Landing fee hike makes Toronto's Pearson airport the world's costliest
Last Updated: Wednesday, November 16, 2005 | 1:45 PM ET
The GTAA said landing fees are going up by 6.9 per cent in 2006, while general terminal charges will rise by 8.9 per cent.
"Almost 60 per cent of the anticipated increase in landing fees is directly attributable to the increase in rent payments to the federal government that the GTAA must pay in 2006 compared to the rent paid in 2005," the airport authority said in a release.
After paying $133 million in rent to the government for 2005, the GTAA said it could wind up paying as much as $151.5 million for ground rent in 2006.

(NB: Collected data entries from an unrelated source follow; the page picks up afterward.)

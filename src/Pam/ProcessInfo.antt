-- ===== src/Pam/ProcessInfo.antt =====
-- crates/pam-sentinel/src/proc_info.rs: what a process is taken to run.
pub mod Elevated
use sentinel_cosmic.Basename.{process_basename}
use sentinel_cosmic.Common.{
  some, Option, ℕ, if◌then◌else◌, or_else, not, ◌&&◌, none, ◌∷◌, [], unwrap_or, List, ◌>>=◌,
}
use sentinel_cosmic.Elevation.{remember_eligible_command, strip_elevation_prefix}
use sentinel_cosmic.Procfs.{read_cwd, Proc, read_comm, read_cmdline, read_exe, read_ppid}
use sentinel_cosmic.Text.{text_eq, split_whitespace, Text, trim, codes, is_empty}

-- `remember_command_for`.
unfoldable pub remember_command_for : Text → Option Text
unfolding trim remember_eligible_command
remember_command_for cmd =
    let c = trim cmd in if not (is_empty c) && remember_eligible_command c then some c else none

pub record ProcessInfo : Type 0 where
  pub name : Text
  pub exe : Text
  pub cmdline : Text
  pub cwd : Text
  pub remember_command : Option Text
  pub policy_exe : Option Text

-- The four values that the three paths compute.
pub record Target : Type 0 where
  pub exe : Text
  pub cmdline : Text
  pub remember_command : Option Text
  pub policy_exe : Option Text

-- The parent's program and command line, where the program can be read.
unfoldable pub parent_of : Proc → ℕ → Option (Text × Text)
unfolding read_ppid read_exe read_cmdline
parent_of proc pid = read_ppid proc pid >>= (λ ppid.
    read_exe proc ppid >>= (λ pexe. some (pexe, unwrap_or (read_cmdline proc ppid) [])))

abbrev pub shown_by_parent : Text → Text → Option (Text × Text) → Target
shown_by_parent raw_exe raw_cmdline (some (pexe, pcmdline)) = record {
  exe = pexe;
  cmdline = pcmdline;
  remember_command = none;
  policy_exe = none;
}
shown_by_parent raw_exe raw_cmdline none = record {
  exe = raw_exe;
  cmdline = raw_cmdline;
  remember_command = none;
  policy_exe = none;
}

abbrev pub first_or_unknown : List Text → Text
first_or_unknown [] = codes "unknown"
first_or_unknown (w ∷ ws) = w

abbrev pub elevated_target : Text → Target
elevated_target stripped =
    let target_exe = first_or_unknown (split_whitespace stripped) in
    record {
      exe = target_exe;
      cmdline = stripped;
      remember_command = remember_command_for stripped;
      policy_exe = some target_exe;
    }

-- The three paths: an elevation tool with a target, one without, and any other program.
unfoldable pub target_of : Text → Text → Option (Text × Text) → Target
unfolding strip_elevation_prefix text_eq split_whitespace remember_command_for
target_of raw_exe raw_cmdline parent =
    let stripped = strip_elevation_prefix raw_cmdline in
    if not (is_empty raw_cmdline) && not (text_eq stripped raw_cmdline)
    then (if is_empty stripped
        then shown_by_parent raw_exe raw_cmdline parent
        else elevated_target stripped)
    else record {
      exe = raw_exe;
      cmdline = raw_cmdline;
      remember_command = remember_command_for raw_cmdline;
      policy_exe = some raw_exe;
    }

-- `ProcessInfo::for_pid`.
unfoldable pub for_pid : Proc → ℕ → ProcessInfo
unfolding target_of parent_of read_exe read_cmdline read_comm read_cwd process_basename
for_pid proc pid =
    let target =
      target_of (unwrap_or (read_exe proc pid) (codes "unknown"))
        (unwrap_or (read_cmdline proc pid) []) (parent_of proc pid) in
    record {
      name =
          unwrap_or (or_else (process_basename target.exe) (read_comm proc pid)) (codes "unknown");
      exe = target.exe;
      cmdline = target.cmdline;
      cwd = unwrap_or (read_cwd proc pid) [];
      remember_command = target.remember_command;
      policy_exe = target.policy_exe;
    }
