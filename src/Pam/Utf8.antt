-- ===== src/Pam/Utf8.antt =====
-- `str::from_utf8`: reading a text from bytes, none where they are no UTF-8.
-- The bytes that are still due, the value so far, and the range of the next byte.
use sentinel_cosmic.Common.{
  leb, some, Option, map_option, ◌*◌, All, zero, refl, ℕ, ltb, if◌then◌else◌, ◌==◌, ◌&&◌, none, ◌∷◌,
  ◌-◌, [], suc, ◌≡◌, List, ◌<◌, ◌+◌, arith, true,
}
use sentinel_cosmic.Text.{Text}

unfoldable pub decode : ℕ → ℕ → ℕ → ℕ → List ℕ → Option Text
decode zero value low high [] = some []
decode (suc due) value low high [] = none
decode zero value low high (b ∷ bs) =
    let one = decode 0 0 0 0 bs in
    let two = decode 1 (b - 192) 128 191 bs in
    let three =
      decode 2 (b - 224) (if b == 224 then 160 else 128) (if b == 237 then 159 else 191) bs in
    let four =
      decode 3 (b - 240) (if b == 240 then 144 else 128) (if b == 244 then 143 else 191) bs in
    if ltb b 128
    then map_option (◌∷◌ b) one
    else if ltb b 194
    then none
    else if ltb b 224
    then two
    else if ltb b 240
    then three
    else if ltb b 245
    then four
    else none
decode (suc due) value low high (b ∷ bs) =
    let value' = value * 64 + (b - 128) in
    let rest = decode due value' 128 191 bs in
    if leb low b && leb b high
    then elim due [ zero ↦ map_option (◌∷◌ value') rest | suc _ ↦ rest ]
    else none

unfoldable pub from_utf8 : List ℕ → Option Text
unfolding decode
from_utf8 bs = decode 0 0 0 0 bs

abbrev pub Ascii : Text → Type 0
Ascii s = All (λ c. c < 128) s

decode-Ascii : (s : Text) → Ascii s → decode 0 0 0 0 s ≡ some s
unfolding decode
decode-Ascii [] h = refl
decode-Ascii (c ∷ t) (lt, h) =
    let e : ltb c 128 ≡ true = ground (arith, lt) in rw (e, decode) (rw (decode-Ascii t h))

-- An ASCII text is its own bytes.
pub from_utf8-Ascii : (s : Text) → Ascii s → from_utf8 s ≡ some s
unfolding from_utf8
from_utf8-Ascii s h = decode-Ascii s h
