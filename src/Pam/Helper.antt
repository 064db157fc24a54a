-- ===== src/Pam/Helper.antt =====
-- crates/pam-sentinel/src/helper.rs: the dialog's process, from the parent's side.
pub mod Pipe
pub mod Deadline
pub mod Child
pub mod Arguments
pub mod EndToEnd
pub mod Tests
use sentinel_cosmic.Common.{
  true, ◌||◌, not, ◌==◌, ◌++◌, ◌%◌, false, ◌∷◌, take, List, ◌+◌, ◌*◌, [], ltb, retain, unwrap_or,
  Bool, if◌then◌else◌, ℕ,
}
use sentinel_cosmic.Config.{ServiceConfig}
use sentinel_cosmic.Pam.ProcessInfo.{ProcessInfo}
use sentinel_cosmic.Pam.Utf8.{from_utf8}
use sentinel_cosmic.Text.{contains, Text, is_empty, codes, first_part}
use sentinel_cosmic.Text.Decimal.{to_string}
use sentinel_cosmic.Verdict.{Outcome, parse_verdict, Verdict}

-- `PollTimeout`: for ever, some milliseconds, or the longest time.

pub data PollTimeout : Type 0 where
  never : PollTimeout
  millis : ℕ → PollTimeout
  longest : PollTimeout

abbrev pub helper_grace_secs : ℕ
helper_grace_secs = 5

-- A value of the type i32, as the release build computes it: modulo 2^32, the upper half negative.
abbrev of_i32 : ℕ → PollTimeout
of_i32 w = if ltb w 2147483648 then millis w else longest

-- `parent_poll_timeout`.
unfoldable pub parent_poll_timeout : ℕ → PollTimeout
parent_poll_timeout timeout_secs =
    if timeout_secs == 0
    then never
    else (let bounded = (if ltb timeout_secs 2147483648 then timeout_secs else 30) in
        of_i32 ((bounded + helper_grace_secs) * 1000 % 4294967296))

-- `CString::new(s)`, and the push that passes over what holds a NUL.
abbrev pub without_nul : List Text → List Text
without_nul ss = retain (λ s. not (contains s 0)) ss

abbrev pub flag_value : Text → Text → List Text
flag_value flag value = if is_empty value then [] else flag ∷ value ∷ []

-- What the request for the dialog holds.
pub record HelperRequest : Type 0 where
  pub cfg : ServiceConfig
  pub user : Text
  pub service : Text
  pub process : ProcessInfo
  pub title : Text
  pub message : Text
  pub secondary : Text
  pub target_uid : ℕ
  pub requesting_pid : ℕ
  pub remember_secs : ℕ

abbrev pub process_args : HelperRequest → List Text
process_args req =
    if req.cfg.show_process_info
    then (codes "--process-exe"
        ∷ req.process.exe
        ∷ (flag_value (codes "--process-cmdline") req.process.cmdline
            ++ (codes "--process-pid"
                ∷ to_string req.requesting_pid
                ∷ (flag_value (codes "--process-cwd") req.process.cwd
                    ++ (codes "--requesting-user"
                        ∷ req.user
                        ∷ codes "--action"
                        ∷ req.service
                        ∷ [])))))
    else []

-- The arguments that the child passes to the helper. The helper's path is fixed by the build.
unfoldable pub child_argv : Text → HelperRequest → List Text
unfolding contains to_string
child_argv helper_path req = without_nul (
    helper_path
    ∷ codes "--title"
    ∷ req.title
    ∷ codes "--message"
    ∷ req.message
    ∷ codes "--secondary"
    ∷ req.secondary
    ∷ codes "--timeout"
    ∷ to_string req.cfg.timeout
    ∷ codes "--min-time"
    ∷ to_string req.cfg.min_display_time_ms
    ∷ codes "--remember-secs"
    ∷ to_string req.remember_secs
    ∷ (flag_value (codes "--sound-name") req.cfg.sound_name
        ++ ((if req.cfg.randomize_buttons then codes "--randomize" ∷ [] else [])
            ++ process_args req)))

pub data Read : Type 0 where
  bytes : List ℕ → Read
  interrupted : Read
  read_failed : Read

-- How the wait goes: the poll fails, it times out, or the pipe is read once.
pub data Wait : Type 0 where
  poll_failed : Wait
  poll_timeout : Wait
  ready : Read → Wait

pub data HelperError : Type 0 where
  no_pipe : HelperError
  no_fork : HelperError
  poll_error : HelperError
  helper_timeout : HelperError
  read_error : HelperError
  no_output : HelperError

pub data Result {ℓ} (A : Type ℓ) : Type ℓ where
  ok : A → Result A
  err : HelperError → Result A

abbrev pub bare_deny : Verdict
bare_deny = record { outcome = Outcome.deny; remember = false }

-- The verdict that the bytes in the buffer of 16 spell: a bare Deny where they spell none.
unfoldable pub read_answer : List ℕ → Verdict
unfolding from_utf8 first_part parse_verdict
read_answer buf =
    unwrap_or
      (parse_verdict (first_part (λ c. c == b'\n' || c == b'\r') (unwrap_or (from_utf8 buf) [])))
      bare_deny

abbrev answer_of : List ℕ → Result Verdict
answer_of [] = err no_output
answer_of (b ∷ bs) = ok (read_answer (b ∷ bs))

-- `parent_wait`, and whether the child is killed.
unfoldable pub parent_wait : Wait → Bool × Result Verdict
unfolding read_answer
parent_wait poll_failed = (true, err poll_error)
parent_wait poll_timeout = (true, err helper_timeout)
parent_wait (ready (bytes out)) = (false, answer_of (take 16 out))
parent_wait (ready interrupted) = (false, err no_output)
parent_wait (ready read_failed) = (false, err read_error)

-- What becomes of the child.
pub data Spawn : Type 0 where
  pipe_failed : Spawn
  fork_failed : Spawn
  forked : Wait → Spawn

-- `run`, from the parent's side.
unfoldable pub run_child : Spawn → Result Verdict
unfolding parent_wait
run_child pipe_failed = err no_pipe
run_child fork_failed = err no_fork
run_child (forked w) = (parent_wait w).1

Pearson International Airport
The Air Transport Association of Canada, which represents the country's commercial aviation industry, has pegged Pearson as the world's second most expensive place to land a big jet, after Tokyo's Narita airport.
Pearson would take over the top spot when the new landing fees take effect in a few weeks.
It will cost more than $13,000 to land a 747-400 at Pearson in 2006 and about $7,300 to land the same plane at Narita. Tokyo's big airport recently rolled back its landing fees.
Robert Milton, the head of Air Canada, which uses Pearson as its main hub, recently said his airline would schedule more flights in and out of the airport if the fees were lowered. The airline is scheduling new flights that avoid Pearson as a cost-saving measure.
In May, the federal government announced a new rent policy for the country's airports. But the GTAA complained that "there would be no significant relief" for Toronto's Pearson airport until 2012.